_TRY IT_
Please print the entries below exactly, from the line with "< mem_pages mem_avaible" through the line with "end_of_kernel (mem_pages mem_avaible)))", including both of those lines and leaving out all others.

Stored data entries
========================

-- ===== src/Mm/Phys/Pages.antt =====
-- What the calls of the page allocator do to the pages.
use haoud_os.Base.{
  ℕ, ◌+◌, ◌-◌, ◌*◌, ◌/◌, ◌^◌, ◌≤◌, ◌<◌, ◌≡◌, ◌≢◌, ◌⊎◌, inl, inr, length, get_or, set, length-set,
  get_or-set_self, set-set, set-get_or, sub32, mul32, page_size, page_reserved, ok, arith,
  Option-cases, refl,
}
use haoud_os.Mm.Phys.{
  PhysMem, mem_map_size, find_free, take_page, get_free_physical_page, ref_physical_page,
  unref_physical_page,
}
use haoud_os.Mm.Phys.Accounting.{
  IsConsistent, free_count-le, free_count-set, find_free-some, find_free-none,
}

-- A page is handed out: free before, with one reference after, and nothing else changes but the
-- statistics.
pub record Takes (m : PhysMem) (k : ℕ) (r : ℕ × PhysMem) : Type 0 where
  pub below : k + 1 < mem_map_size m
  pub was_free : get_or m.mem_map k 0 ≡ 0
  pub address : r.0 ≡ k * page_size
  pub pages : r.1.mem_map ≡ set m.mem_map k 1
  pub free : r.1.free_page_nr + 1 ≡ m.free_page_nr
  pub used : r.1.used_page_nr ≡ m.used_page_nr + 1

-- No page but the last of the array is free.
abbrev pub IsFull : PhysMem → Type 0
IsFull m = (k : ℕ) → k + 1 < mem_map_size m → get_or m.mem_map k 0 ≢ 0

free_pos :
    (m : PhysMem) (k : ℕ)
    → IsConsistent m
    → k < mem_map_size m
    → get_or m.mem_map k 0 ≡ 0
    → (0 < m.free_page_nr) × (m.used_page_nr < mem_map_size m)
free_pos m k v h e = ground (arith, free_count-set m.mem_map k 1)

take_page-Takes :
    (m : PhysMem) (k : ℕ)
    → IsConsistent m
    → k + 1 < mem_map_size m
    → get_or m.mem_map k 0 ≡ 0
    → Takes m k (mul32 k page_size, take_page m k)
take_page-Takes m k v h e =
    let (hf, hu) = free_pos m k v (omega arith) e in
    record {
      below = h;
      was_free = e;
      address = omega arith;
      pages = refl;
      free = omega arith;
      used = omega arith;
    }

-- GetFreePhysicalPage hands out a free page below the last one, or returns 0 and changes nothing
-- where no page below the last one is free.
pub get_free_physical_page_lem :
    (m : PhysMem)
    → IsConsistent m
    → ((k : ℕ) × Takes m k (get_free_physical_page m))
      ⊎ (IsFull m × (get_free_physical_page m ≡ (0, m)))
unfolding get_free_physical_page
get_free_physical_page_lem m v =
    elim (Option-cases (find_free (sub32 (mem_map_size m) 1) 0 m.mem_map)) [
      | inl e ↦ inr (
        λ k h. find_free-none _ 0 m.mem_map e k (omega arith) (omega arith),
        rw (e, get_free_physical_page),
      )
      | inr (i, e) ↦
          let (k, ei, hn, hl, h0) = find_free-some _ 0 m.mem_map i e in
          let ek : i ≡ k = omega arith in
          inl (k, rw (e, ek, get_free_physical_page) (take_page-Takes m k v (omega arith) h0))
    ]

-- Every page handed out is within the array, and the statistics stay those of the array.
Takes-IsConsistent :
    (m : PhysMem) (k : ℕ) (r : ℕ × PhysMem) → IsConsistent m → Takes m k r → IsConsistent r.1
Takes-IsConsistent m k r v t = record {
  nonempty = rw (t.pages, length-set m.mem_map k 1) v.nonempty;
  small = rw (t.pages, length-set m.mem_map k 1) v.small;
  free = rw t.pages (ground (arith, free_count-set m.mem_map k 1));
  used = rw (t.pages, length-set m.mem_map k 1) (omega arith);
}

-- Whatever GetFreePhysicalPage does, the statistics stay those of the array.
pub get_free_physical_page-IsConsistent :
    (m : PhysMem) → IsConsistent m → IsConsistent (get_free_physical_page m).1
get_free_physical_page-IsConsistent m v = elim (get_free_physical_page_lem m v) [
  | inl (k, t) ↦ Takes-IsConsistent m k _ v t
  | inr (full, e) ↦ rw e v
]

-- Taking an additional reference keeps the statistics, and releasing one counts the page as free
-- again exactly if it was the last.
pub ref_physical_page-IsConsistent :
    (m : PhysMem) (a n : ℕ) {m' : PhysMem}
    → IsConsistent m
    → get_or m.mem_map (a / page_size) 0 ≢ 0
    → get_or m.mem_map (a / page_size) 0 < 2 ^ 32
    → ref_physical_page m a ≡ ok (n, m')
    → IsConsistent m'
unfolding ref_physical_page
ref_physical_page-IsConsistent m a n v used w e = ground (
  arith,
  free_count-set m.mem_map (a / page_size) (get_or m.mem_map (a / page_size) 0 + 1),
  length-set m.mem_map (a / page_size) (get_or m.mem_map (a / page_size) 0 + 1),
)

pub unref_physical_page-IsConsistent :
    (m : PhysMem) (a n : ℕ) {m' : PhysMem}
    → IsConsistent m
    → get_or m.mem_map (a / page_size) 0 < 2 ^ 32
    → unref_physical_page m a ≡ ok (n, m')
    → IsConsistent m'
unfolding unref_physical_page
unref_physical_page-IsConsistent m a n v w e = ground (
  arith,
  free_count-set m.mem_map (a / page_size) (sub32 (get_or m.mem_map (a / page_size) 0) 1),
  free_count-le (set m.mem_map (a / page_size) (sub32 (get_or m.mem_map (a / page_size) 0) 1)),
  length-set m.mem_map (a / page_size) (sub32 (get_or m.mem_map (a / page_size) 0) 1),
)

-- A reference that is taken and released leaves every page and the statistics as they were.
pub unref-ref :
    (m : PhysMem) (a n : ℕ) {m' : PhysMem}
    → a ≢ 0
    → a / page_size < mem_map_size m
    → mem_map_size m ≤ 2 ^ 20
    → 0 < get_or m.mem_map (a / page_size) 0
    → get_or m.mem_map (a / page_size) 0 < page_reserved - 1
    → ref_physical_page m a ≡ ok (n, m')
    → unref_physical_page m' a ≡ ok (sub32 n 1, m)
unfolding ref_physical_page unref_physical_page
unref-ref m a n nz inside small pos below e = ground (
  arith,
  length-set m.mem_map (a / page_size) (get_or m.mem_map (a / page_size) 0 + 1),
  get_or-set_self m.mem_map (a / page_size) (get_or m.mem_map (a / page_size) 0 + 1) 0,
  set-set m.mem_map (a / page_size) (get_or m.mem_map (a / page_size) 0 + 1)
      (get_or m.mem_map (a / page_size) 0),
  set-get_or m.mem_map (a / page_size) (get_or m.mem_map (a / page_size) 0) 0 refl,
)

unref-Takes :
    (m : PhysMem) (k a : ℕ) (m' : PhysMem)
    → IsConsistent m
    → Takes m k (a, m')
    → a ≢ 0
    → unref_physical_page m' a ≡ ok (0, m)
unfolding unref_physical_page
unref-Takes m k a m' v t nz =
    let same : a / page_size ≡ k = omega arith in
    let far : length m'.mem_map ≡ length m.mem_map = rw t.pages (length-set m.mem_map k 1) in
    let (hf, hu) = free_pos m k v (omega arith) t.was_free in
    rw (same, t.pages)
      (ground (
        arith,
        same,
        far,
        length-set m.mem_map k 1,
        get_or-set_self m.mem_map k 1 0,
        set-set m.mem_map k 1 0,
        set-get_or m.mem_map k 0 0,
      ))

-- A page that is handed out and released at once leaves the allocator as it was.
pub unref-get_free :
    (m : PhysMem)
    → IsConsistent m
    → (get_free_physical_page m).0 ≢ 0
    → unref_physical_page (get_free_physical_page m).1 (get_free_physical_page m).0 ≡ ok (0, m)
unref-get_free m v nz = elim (get_free_physical_page_lem m v) [
  | inl (k, t) ↦ unref-Takes m k _ _ v t nz
  | inr (full, e) ↦ absurd (nz (rw e))
]
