-- ===== src/Mm/Phys/Setup.antt =====
-- PhysMemSetup of core/mm/phys.c: which pages are out of use after the boot, and the statistics.
use haoud_os.Base.{
  ℕ, zero, suc, ◌+◌, ◌-◌, ◌*◌, ◌^◌, ◌≤◌, ◌<◌, ◌≡◌, ◌⊎◌, inl, inr, true, ◌&&◌, ◌||◌, get_or,
  length-set, get_or-set_self, get_or-set_ne, ltb, leb, ◌==◌, if◌then◌else◌, replicate,
  length-replicate, page_reserved, page_size, ok, arith, refl, sym, ap, ◌∙◌,
}
use native.Mathlib.Decide.{dec_lt}
use haoud_os.Mm.Phys.{
  PhysMem, phys_align_sup, mem_map_size, set_phys_page_reserved, reserve_pages, reserve_range,
  empty_map, mem_pages, kernel_end, reserve_end, phys_mem_setup, reserve_boot_pages,
}
use haoud_os.Mm.Phys.Accounting.{IsConsistent, free_count-set, free_count-replicate}

-- As in the boot: no page has been handed out yet.
pub record IsFresh (m : PhysMem) : Type 0 where
  pub consistent : IsConsistent m
  pub untouched :
      (j : ℕ)
      → j < mem_map_size m
      → (get_or m.mem_map j 0 ≡ 0) ⊎ (get_or m.mem_map j 0 ≡ page_reserved)

-- SetPhysPageReserved keeps the statistics right on a page that is free or reserved already. (It
-- counts a page in use as a free one that is lost, and warns of it.)
pub set_phys_page_reserved-IsConsistent :
    (m : PhysMem) (page : ℕ)
    → IsConsistent m
    → (mem_map_size m ≤ page)
      ⊎ (get_or m.mem_map page 0 ≡ 0)
      ⊎ (get_or m.mem_map page 0 ≡ page_reserved)
    → IsConsistent (set_phys_page_reserved page m)
unfolding set_phys_page_reserved
set_phys_page_reserved-IsConsistent m page v h =
    ground
      (arith, free_count-set m.mem_map page page_reserved, length-set m.mem_map page page_reserved)

pub get_or-set_phys_page_reserved :
    (m : PhysMem) (page j : ℕ)
    → j < mem_map_size m
    → mem_map_size m ≤ 2 ^ 20
    → get_or (set_phys_page_reserved page m).mem_map j 0
      ≡ (if page == j then page_reserved else get_or m.mem_map j 0)
unfolding set_phys_page_reserved
get_or-set_phys_page_reserved m page j h small = ground (
  arith,
  get_or-set_self m.mem_map page page_reserved 0,
  get_or-set_ne m.mem_map page j page_reserved 0,
)

pub size-set_phys_page_reserved :
    (m : PhysMem) (page : ℕ) → mem_map_size (set_phys_page_reserved page m) ≡ mem_map_size m
unfolding set_phys_page_reserved
size-set_phys_page_reserved m page = ground (arith, length-set m.mem_map page page_reserved)

page_state :
    (m : PhysMem) (page : ℕ)
    → IsFresh m
    → (mem_map_size m ≤ page)
      ⊎ (get_or m.mem_map page 0 ≡ 0)
      ⊎ (get_or m.mem_map page 0 ≡ page_reserved)
page_state m page f = elim (dec_lt page (mem_map_size m)) [
  | yes h ↦ inr (f.untouched page h)
  | no h ↦ inl (omega arith)
]

set_phys_page_reserved-IsFresh :
    (m : PhysMem) (page : ℕ) → IsFresh m → IsFresh (set_phys_page_reserved page m)
set_phys_page_reserved-IsFresh m page f = record {
  consistent = set_phys_page_reserved-IsConsistent m page f.consistent (page_state m page f);
  untouched = λ j h.
      let below : j < mem_map_size m = omega (arith, size-set_phys_page_reserved m page) in
      rw (get_or-set_phys_page_reserved m page j below f.consistent.small)
        (ground (arith, f.untouched j below));
}

pub reserve_pages-IsFresh : (n i : ℕ) (m : PhysMem) → IsFresh m → IsFresh (reserve_pages n i m)
unfolding reserve_pages
reserve_pages-IsFresh zero i m f = f
reserve_pages-IsFresh (suc n) i m f =
    reserve_pages-IsFresh n (i + 1) _ (set_phys_page_reserved-IsFresh m i f)

pub size-reserve_pages :
    (n i : ℕ) (m : PhysMem) → mem_map_size (reserve_pages n i m) ≡ mem_map_size m
unfolding reserve_pages
size-reserve_pages zero i m = refl
size-reserve_pages (suc n) i m =
    size-reserve_pages n (i + 1) (set_phys_page_reserved i m) ∙ size-set_phys_page_reserved m i

-- The loop reserves the pages of its range and no other.
pub get_or-reserve_pages :
    (n i : ℕ) (m : PhysMem) (j : ℕ)
    → j < mem_map_size m
    → mem_map_size m ≤ 2 ^ 20
    → get_or (reserve_pages n i m).mem_map j 0
      ≡ (if leb i j && ltb j (i + n) then page_reserved else get_or m.mem_map j 0)
unfolding reserve_pages
get_or-reserve_pages zero i m j h small = ground arith
get_or-reserve_pages (suc n) i m j h small =
    get_or-reserve_pages n (i + 1) (set_phys_page_reserved i m) j
      (rw (size-set_phys_page_reserved m i) h) (rw (size-set_phys_page_reserved m i) small)
    ∙ ground (arith, get_or-set_phys_page_reserved m i j h small)

get_or-replicate : (n j : ℕ) → get_or {A = ℕ} (replicate n 0) j 0 ≡ 0
get_or-replicate zero j = refl
get_or-replicate (suc n) zero = refl
get_or-replicate (suc n) (suc j) = get_or-replicate n j

empty_map-IsFresh :
    (size : ℕ) (m : PhysMem)
    → m.used_page_nr ≡ 0
    → 0 < size
    → size ≤ 2 ^ 20
    → IsFresh (empty_map size m)
empty_map-IsFresh size m u pos small = record {
  consistent = record {
    nonempty = omega (arith, length-replicate {A = ℕ} size 0);
    small = omega (arith, length-replicate {A = ℕ} size 0);
    free = sym (free_count-replicate size);
    used = omega (arith, length-replicate {A = ℕ} size 0);
  };
  untouched = λ j h. inl (get_or-replicate size j);
}

module _ (kernel map : ℕ) (m : PhysMem) where
  reserve_boot_pages-IsFresh : IsFresh m → IsFresh (reserve_boot_pages kernel map m)
  unfolding reserve_boot_pages
  reserve_boot_pages-IsFresh f = reserve_pages-IsFresh _ kernel _ (
      reserve_pages-IsFresh _ 0x100 _
        (reserve_pages-IsFresh _ 0xa0 _ (reserve_pages-IsFresh _ 0 m f)))

  size-reserve_boot_pages : mem_map_size (reserve_boot_pages kernel map m) ≡ mem_map_size m
  unfolding reserve_boot_pages
  size-reserve_boot_pages = rw (
    size-reserve_pages (map - kernel) kernel _,
    size-reserve_pages (kernel - 0x100) 0x100 _,
    size-reserve_pages (0x100 - 0xa0) 0xa0 _,
    size-reserve_pages (0x10 - 0) 0 m,
  )

  get_or-reserve_boot_pages :
      (j : ℕ)
      → 0x100 ≤ kernel
      → kernel ≤ map
      → j < mem_map_size m
      → mem_map_size m ≤ 2 ^ 20
      → get_or (reserve_boot_pages kernel map m).mem_map j 0
        ≡ (if ltb j 0x10 || (leb 0xa0 j && ltb j map) then page_reserved else get_or m.mem_map j 0)
  unfolding reserve_boot_pages
  get_or-reserve_boot_pages j above order h small =
      let m₁ = reserve_range 0 0x10 m in
      let m₂ = reserve_range 0xa0 0x100 m₁ in
      let m₃ = reserve_range 0x100 kernel m₂ in
      let s₁ : mem_map_size m₁ ≡ mem_map_size m = size-reserve_pages _ 0 m in
      let s₂ : mem_map_size m₂ ≡ mem_map_size m = size-reserve_pages _ 0xa0 m₁ ∙ s₁ in
      let s₃ : mem_map_size m₃ ≡ mem_map_size m = size-reserve_pages _ 0x100 m₂ ∙ s₂ in
      ground (
        arith,
        get_or-reserve_pages (map - kernel) kernel m₃ j (omega arith) (omega arith),
        get_or-reserve_pages (kernel - 0x100) 0x100 m₂ j (omega arith) (omega arith),
        get_or-reserve_pages (0x100 - 0xa0) 0xa0 m₁ j (omega arith) (omega arith),
        get_or-reserve_pages (0x10 - 0) 0 m j (omega arith) (omega arith),
      )

setup_result :
    (mem_avaible end_of_kernel : ℕ) (m : PhysMem) {m' : PhysMem}
    → phys_mem_setup mem_avaible end_of_kernel m ≡ ok m'
    → m'
      ≡ reserve_boot_pages
          (kernel_end end_of_kernel)
          (reserve_end end_of_kernel (mem_pages mem_avaible))
          (empty_map (mem_pages mem_avaible) m)
unfolding phys_mem_setup
setup_result mem_avaible end_of_kernel m e = ground arith

-- A page that the array fills to its end is below the page where the loop stops.
in_range :
    (end_of_kernel size j : ℕ)
    → 0x100 ≤ j
    → end_of_kernel + size * 4 + 2 * page_size < 2 ^ 32
    → (j + 1) * page_size ≤ phys_align_sup end_of_kernel + size * 4
    → (ltb j 0x10 || (leb 0xa0 j && ltb j (reserve_end end_of_kernel size))) ≡ true
in_range end_of_kernel size j low room h =
    let below : j < reserve_end end_of_kernel size = omega arith in ground (arith, below)

-- After the boot the statistics are right, and exactly the pages of the stack and the BIOS (0 to 15)
-- and those from the video memory (0xa0) up to the page where the last loop stops are reserved; the
-- others are free. A page that lies in the kernel's range from 1 MB on, or that the page array fills to
-- its end, is reserved; a last page that the array fills in part may not be. The premises: no page is
-- counted as used before, there is a page, the kernel ends above 1 MB, no address wraps around, and the
-- division in the last message does not stop the machine.
pub phys_mem_setup_lem :
    (mem_avaible end_of_kernel : ℕ) (m : PhysMem) {m' : PhysMem}
    → m.used_page_nr ≡ 0
    → 0 < mem_pages mem_avaible
    → 0x100 ≤ kernel_end end_of_kernel
    → end_of_kernel + mem_pages mem_avaible * 4 + 2 * page_size < 2 ^ 32
    → phys_mem_setup mem_avaible end_of_kernel m ≡ ok m'
    → IsConsistent m'
      × (mem_map_size m' ≡ mem_pages mem_avaible)
      × ((j : ℕ)
          → j < mem_map_size m'
          → get_or m'.mem_map j 0 ≡ (
              if ltb j 0x10
                || (leb 0xa0 j && ltb j (reserve_end end_of_kernel (mem_pages mem_avaible)))
              then page_reserved
              else 0))
      × ((j : ℕ)
          → j < mem_map_size m'
          → 0x100 ≤ j
          → (j + 1) * page_size ≤ phys_align_sup end_of_kernel + mem_pages mem_avaible * 4
          → get_or m'.mem_map j 0 ≡ page_reserved)
phys_mem_setup_lem mem_avaible end_of_kernel m u pos above room e =
    let order : kernel_end end_of_kernel ≤ reserve_end end_of_kernel (mem_pages mem_avaible) =
      omega arith in
    let size = mem_pages mem_avaible in
    let kernel = kernel_end end_of_kernel in
    let map = reserve_end end_of_kernel size in
    let small : size ≤ 2 ^ 20 = omega arith in
    let fresh = empty_map-IsFresh size m u pos small in
    let sized : mem_map_size (reserve_boot_pages kernel map (empty_map size m)) ≡ size =
      size-reserve_boot_pages kernel map (empty_map size m) ∙ length-replicate {A = ℕ} size 0 in
    let states : (j : ℕ)
        → j < mem_map_size (reserve_boot_pages kernel map (empty_map size m))
        → get_or (reserve_boot_pages kernel map (empty_map size m)).mem_map j 0
          ≡ (if ltb j 0x10 || (leb 0xa0 j && ltb j map) then page_reserved else 0) =
      λ j h.
        get_or-reserve_boot_pages kernel map (empty_map size m) j above order
          (omega (arith, sized, length-replicate {A = ℕ} size 0)) fresh.consistent.small
        ∙ ap (λ d. if ltb j 0x10 || (leb 0xa0 j && ltb j map) then page_reserved else d)
            (get_or-replicate size j) in
    rw (setup_result mem_avaible end_of_kernel m e) (
      (reserve_boot_pages-IsFresh kernel map (empty_map size m) fresh).consistent,
      sized,
      states,
      λ j h low in_array.
          let inside : (ltb j 0x10 || (leb 0xa0 j && ltb j map)) ≡ true =
            in_range end_of_kernel size j low room in_array in
          states j h ∙ rw inside refl,
    )
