-- ===== src/Mm/Phys/Tests.antt =====
-- Runs of the page allocator on a small array, and the theorems at inputs that meet their premises.
use haoud_os.Base.{◌≡◌, [], ◌∷◌, ok, arith, refl, page_reserved}
use haoud_os.Mm.Phys.{
  PhysMem, reserve_end, get_free_physical_page, phys_mem_setup, find_free, set_phys_page_reserved,
  reserve_pages, reserve_boot_pages,
}
use haoud_os.Mm.Phys.Accounting.{IsConsistent, free_count}
use haoud_os.Mm.Phys.Setup.{phys_mem_setup_lem}

-- Page 0 reserved, page 1 in use twice, pages 2 and 3 free.
abbrev four_pages : PhysMem
four_pages = record { mem_map = page_reserved ∷ 2 ∷ 0 ∷ 0 ∷ []; free_page_nr = 2; used_page_nr = 2 }

four_pages-IsConsistent : IsConsistent four_pages
unfolding free_count
four_pages-IsConsistent = omega arith

first_free_page : get_free_physical_page four_pages ≡ (
  0x2000,
  record { mem_map = page_reserved ∷ 2 ∷ 1 ∷ 0 ∷ []; free_page_nr = 1; used_page_nr = 3 },
)
unfolding get_free_physical_page find_free
first_free_page = refl

-- 2 MB of memory, and a kernel that ends at 1 MB + 64 KB.
abbrev off : PhysMem
off = record { mem_map = []; free_page_nr = 0; used_page_nr = 0 }

booted : PhysMem
booted = elim (phys_mem_setup 2048 0x110000 off) [ ok m ↦ m | _ ↦ off ]

-- With 7 MB and a kernel that ends at 0x110100 the array starts at 0x111000 and reaches up to
-- 0x112c00, but the loop stops at page 0x112, which stays free.
last_page : reserve_end 0x11_0100 1792 ≡ 0x112
last_page = refl

phys_mem_setup_lem_example : IsConsistent booted
unfolding booted phys_mem_setup reserve_boot_pages reserve_pages set_phys_page_reserved
phys_mem_setup_lem_example =
    (phys_mem_setup_lem 2048 0x110000 off refl (omega arith) (omega arith) (omega arith) refl).0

========================

_RESULT OF THIS EXERCISE_
    → 0 < mem_pages mem_avaible
    → 0x100 ≤ kernel_end end_of_kernel
    → end_of_kernel + mem_pages mem_avaible * 4 + 2 * page_size < 2 ^ 32
    → phys_mem_setup mem_avaible end_of_kernel m ≡ ok m'
    → IsConsistent m'
      × (mem_map_size m' ≡ mem_pages mem_avaible)
      × ((j : ℕ)
          → j < mem_map_size m'
          → get_or m'.mem_map j 0 ≡ (
              if ltb j 0x10
                || (leb 0xa0 j && ltb j (reserve_end end_of_kernel (mem_pages mem_avaible)))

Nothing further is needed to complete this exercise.